MDJJL DSKQB GYMZC YKBYT ZVRYU PJTZN WPZXS KCHFG EFYFS ENVFW KORMX ZQGYT KEDIQ WRVPM OYMQV DQWDN UBQQM XEQCA CXYLP VUOSG EJYDS PYYNA XOREC YJAFA MFCOF DQKTA CBAHW FYJUI LXBYA DTT
The KASISKI test finds no reptitions of length 3 or more. It finds 16 repetitions of length 2 and no eye-catching pattern. The common factors 10 or 20 could be a hint at the correct period, but repetitions of length 2 are not overly convincing.

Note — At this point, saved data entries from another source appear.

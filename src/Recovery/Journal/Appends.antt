-- ===== src/Recovery/Journal/Appends.antt =====
-- Appends to the journal of crates/uf-daemon/src/ddr_recovery_journal.rs that succeed.
use uflow.Prelude.{
  ℕ, zero, suc, ◌+◌, ◌≤◌, ◌<◌, ◌≡◌, refl, sym, ap, ◌∙◌, List, [], ◌∷◌, ◌++◌, Bool, true, false, ok,
  ok_or, checked_add, arith, length, take, drop, append-nil, append_assoc, length-append,
  length-take,
}
use native.Mathlib.Nat.{zero-add, suc-add}
use uflow.Prelude.Text.{Str, text, is_empty}
use uflow.Recovery.Journal.Frame.{
  invalid_data, Kind, clean_checkpoint, encode_frame, max_journal, header_len,
}
use uflow.Recovery.Journal.Layout.{length-encoded_bytes}
use uflow.Recovery.Journal.Chain.{Entry, chain_frames}
use uflow.Recovery.Journal.Head.{Head, encode_head}
use uflow.Recovery.Journal.Store.{AnchoredJournal, ◌>>◌, lift, verify}
use uflow.Recovery.Journal.Append.{
  write_all, append_inner, append_dirty, append_clean_after_drain, no_fault, is_dedicated, within,
}
use uflow.Recovery.Journal.Ops.{bind_ok, then_ok, poisoning_ok}
use uflow.Recovery.Journal.Ledger.{Logs, few, verify-Logs}
use uflow.Recovery.Journal.Grown.{Accepted, entry_frame, grown_head, grown, grown-Logs}

-- Bytes written at the end of a file are appended.
pub write_end :
    (offset : ℕ) (file bytes : List ℕ)
    → offset ≡ length file
    → take offset file ++ (bytes ++ drop (offset + length bytes) file) ≡ file ++ bytes
write_end offset file bytes e =
    rw (e, all_kept file, nothing_left file (length bytes)) (ap (◌++◌ file) (append-nil bytes))
  where
    all_kept : (xs : List ℕ) → take (length xs) xs ≡ xs
    all_kept [] = refl
    all_kept (x ∷ xs) = ap (◌∷◌ x) (all_kept xs)

    nothing_left : (xs : List ℕ) (n : ℕ) → drop (length xs + n) xs ≡ []
    nothing_left [] zero = refl
    nothing_left [] (suc n) = rw zero-add refl
    nothing_left (x ∷ xs) n = rw suc-add (nothing_left xs n)

pub take-then-drop : (n : ℕ) (xs : List ℕ) → take n xs ++ drop n xs ≡ xs
take-then-drop zero xs = refl
take-then-drop (suc n) [] = refl
take-then-drop (suc n) (x ∷ xs) = ap (◌∷◌ x) (take-then-drop n xs)

filled_some : (bytes : List ℕ) → 0 < length bytes → is_empty bytes ≡ false
unfolding is_empty
filled_some [] filled = ground arith
filled_some (b ∷ bs) filled = refl

module _ (offset : ℕ) (file frame : List ℕ) (here : offset ≡ length file)
    (long : header_len ≤ length frame) where
  abbrev half : List ℕ
  half =
      take offset file
      ++ (take header_len frame ++ drop (offset + length (take header_len frame)) file)

  -- A frame that is written at the end of a file in two parts.
  pub both_written :
      take (offset + header_len) half
        ++ (drop header_len frame
            ++ drop (offset + header_len + length (drop header_len frame)) half)
      ≡ file ++ frame
  both_written =
      rw
        (
          write_end offset file (take header_len frame) here,
          write_end (offset + header_len) (file ++ take header_len frame) (drop header_len frame)
              there,
          append_assoc file (take header_len frame) (drop header_len frame),
          take-then-drop header_len frame,
        )
        refl
    where
      there : offset + header_len ≡ length (file ++ take header_len frame)
      there =
          ground
            (arith, length-append file (take header_len frame), length-take header_len frame, here)

-- The writes without a fault, on a journal that ends at the offset.
written :
    (j : AnchoredJournal) (offset : ℕ) (frame : List ℕ) (next : Head)
    → offset ≡ length j.journal
    → header_len ≤ length frame
    → write_all no_fault offset frame next j
      ≡ (ok tt, record j { journal = j.journal ++ frame; state = encode_head next })
unfolding write_all ◌>>◌
written j offset frame next here long =
    rw (◌>>◌, both_written offset j.journal frame here long) refl

module _ (j : AnchoredJournal) (es : List Entry) (logs : Logs j es) where
  module _ (broker : Str) (kind : Kind) (payload : List ℕ) (checkpoint recovery : Bool)
      (accepted : Accepted j es broker (kind, payload) checkpoint recovery) where
    abbrev frame : List ℕ
    frame = entry_frame j (kind, payload)

    abbrev next : Head
    next = grown_head j broker checkpoint (kind, payload)

    pub encoded : encode_frame kind (j.head.sequence + 1) j.head.checksum payload ≡ ok frame
    unfolding encode_frame
    encoded = let (filled, fits) = accepted.fit in ground (arith, filled, fits, filled_some payload)

    pub offset_found :
        ok_or {A = ℕ}
          (within max_journal (checked_add j.head.offset (length frame)))
          (invalid_data (text "recovery journal limit reached"))
        ≡ ok (j.head.offset + length frame)
    offset_found = ground (arith, accepted.room)

    pub counted_on :
        ok_or (checked_add j.head.sequence 1) (invalid_data (text "recovery sequence overflow"))
        ≡ ok (j.head.sequence + 1)
    counted_on = ground (arith, few j es logs, logs.counted)

    -- An append that is accepted returns the next head and leaves the journal with the entry.
    pub append_inner-grown :
        append_inner (ok tt) (ok tt) broker kind payload checkpoint recovery no_fault j
        ≡ (ok next, grown j broker checkpoint (kind, payload))
    unfolding append_inner
    append_inner-grown =
        bind_ok _ j _ refl
        ∙ then_ok _ j _ (rw accepted.known refl)
        ∙ bind_ok _ j _ (verify-Logs j es logs)
        ∙ then_ok _ j _ (rw accepted.placed refl)
        ∙ bind_ok _ j _ (rw counted_on refl)
        ∙ bind_ok _ j _ (rw encoded refl)
        ∙ bind_ok _ j _ (poisoning_ok (lift _) j (rw offset_found refl))
        ∙ then_ok _ j _ (
            poisoning_ok (write_all no_fault j.head.offset frame next) j (
              written j j.head.offset frame next (logs.sized ∙ ap length (sym logs.bytes)) (
                rw (length-encoded_bytes kind (j.head.sequence + 1) j.head.checksum payload)
                  (omega arith))))
        ∙ then_ok _ _ _ refl
        ∙ bind_ok _ (grown j broker checkpoint (kind, payload)) _ (
            verify-Logs (grown j broker checkpoint (kind, payload)) (es ++ ((kind, payload) ∷ []))
              (grown-Logs j es logs broker kind payload checkpoint recovery accepted))

pub append_dirty-Logs :
    (j : AnchoredJournal) (es : List Entry) (broker : Str) (kind : Kind) (payload : List ℕ)
    → Logs j es
    → is_dedicated kind ≡ false
    → Accepted j es broker (kind, payload) false false
    → (append_dirty (ok tt) (ok tt) broker kind payload j
        ≡ (ok (grown_head j broker false (kind, payload)), grown j broker false (kind, payload)))
      × Logs (grown j broker false (kind, payload)) (es ++ ((kind, payload) ∷ []))
      × (verify (ok tt) (grown j broker false (kind, payload)) ≡ (
        ok (chain_frames 0 0 (es ++ ((kind, payload) ∷ []))),
        grown j broker false (kind, payload),
      ))
unfolding append_dirty
append_dirty-Logs j es broker kind payload logs open_kind accepted =
    let after = grown-Logs j es logs broker kind payload false false accepted in
    (
      rw open_kind (append_inner-grown j es logs broker kind payload false false accepted),
      after,
      verify-Logs (grown j broker false (kind, payload)) (es ++ ((kind, payload) ∷ [])) after,
    )

-- In a journal of entries whose files are in place, a clean checkpoint with a payload of 1 to 8,192 bytes for
-- which there is room is appended after the drain of the broker that has the dirty head; the head is then clean
-- at the checkpoint, and the files hold the entry as well.
pub append_clean_after_drain-Logs :
    (j : AnchoredJournal) (es : List Entry) (broker : Str) (payload : List ℕ)
    → Logs j es
    → Accepted j es broker (clean_checkpoint, payload) true false
    → (append_clean_after_drain (ok tt) (ok tt) broker payload j ≡ (
      ok (grown_head j broker true (clean_checkpoint, payload)),
      grown j broker true (clean_checkpoint, payload),
    ))
      × Logs
          (grown j broker true (clean_checkpoint, payload))
          (es ++ ((clean_checkpoint, payload) ∷ []))
unfolding append_clean_after_drain
append_clean_after_drain-Logs j es broker payload logs accepted = (
  append_inner-grown j es logs broker clean_checkpoint payload true false accepted,
  grown-Logs j es logs broker clean_checkpoint payload true false accepted,
)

Repetition: | DS | SK | GY | YM | CY | BY | YT | TZ |
---|---|---|---|---|---|---|---|---|
Distance: | 98 | 28 | 47 | 60 | 100 | 125 | 40 | 8 |
Repetition: | GE | FY | OR | MX | QW | DQ | AC | YJ |
Distance: | 60 | 94 | 60 | 31 | 12 | 50 | 40 | 21 |
The inner coincidence index of the text is 0.0386 and doesn't distinguish the ciphertext from random text. The first 40 values of the autocoincidence spectrum are
κ1 0.0270 | κ2 0.0203 |
κ3 0.0541 | κ4 0.0405 |
κ5 0.0405 | κ6 0.0338 |
κ7 0.0405 | κ8 0.0676 |
κ9 0.0270 | κ10 0.0473 |
κ11 0.0270 | κ12 0.0676 |
κ13 0.0405 | κ14 0.0473 |
κ15 0.0541 | κ16 0.0541 |
κ17 0.0203 | κ18 0.0203 |
κ19 0.0608 | κ20 0.0473 |
κ21 0.0473 | κ22 0.0135 |
κ23 0.0541 | κ24 0.0270 |
κ25 0.0338 | κ26 0.0405 |
κ27 0.0541 | κ28 0.0811 |
κ29 0.0338 | κ30 0.0338 |
κ31 0.0405 | κ32 0.0203 |
κ33 0.0068 | κ34 0.0473 |
κ35 0.0473 | κ36 0.0270 |
κ37 0.0405 | κ38 0.0066 |
κ39 0.0203 | κ40 0.0473 |
Values above 0.06 occur for shifts of 8, 12, 19, 28, the latter being the largest one. This makes a diffuse picture, giving slight evidence for a period of 28.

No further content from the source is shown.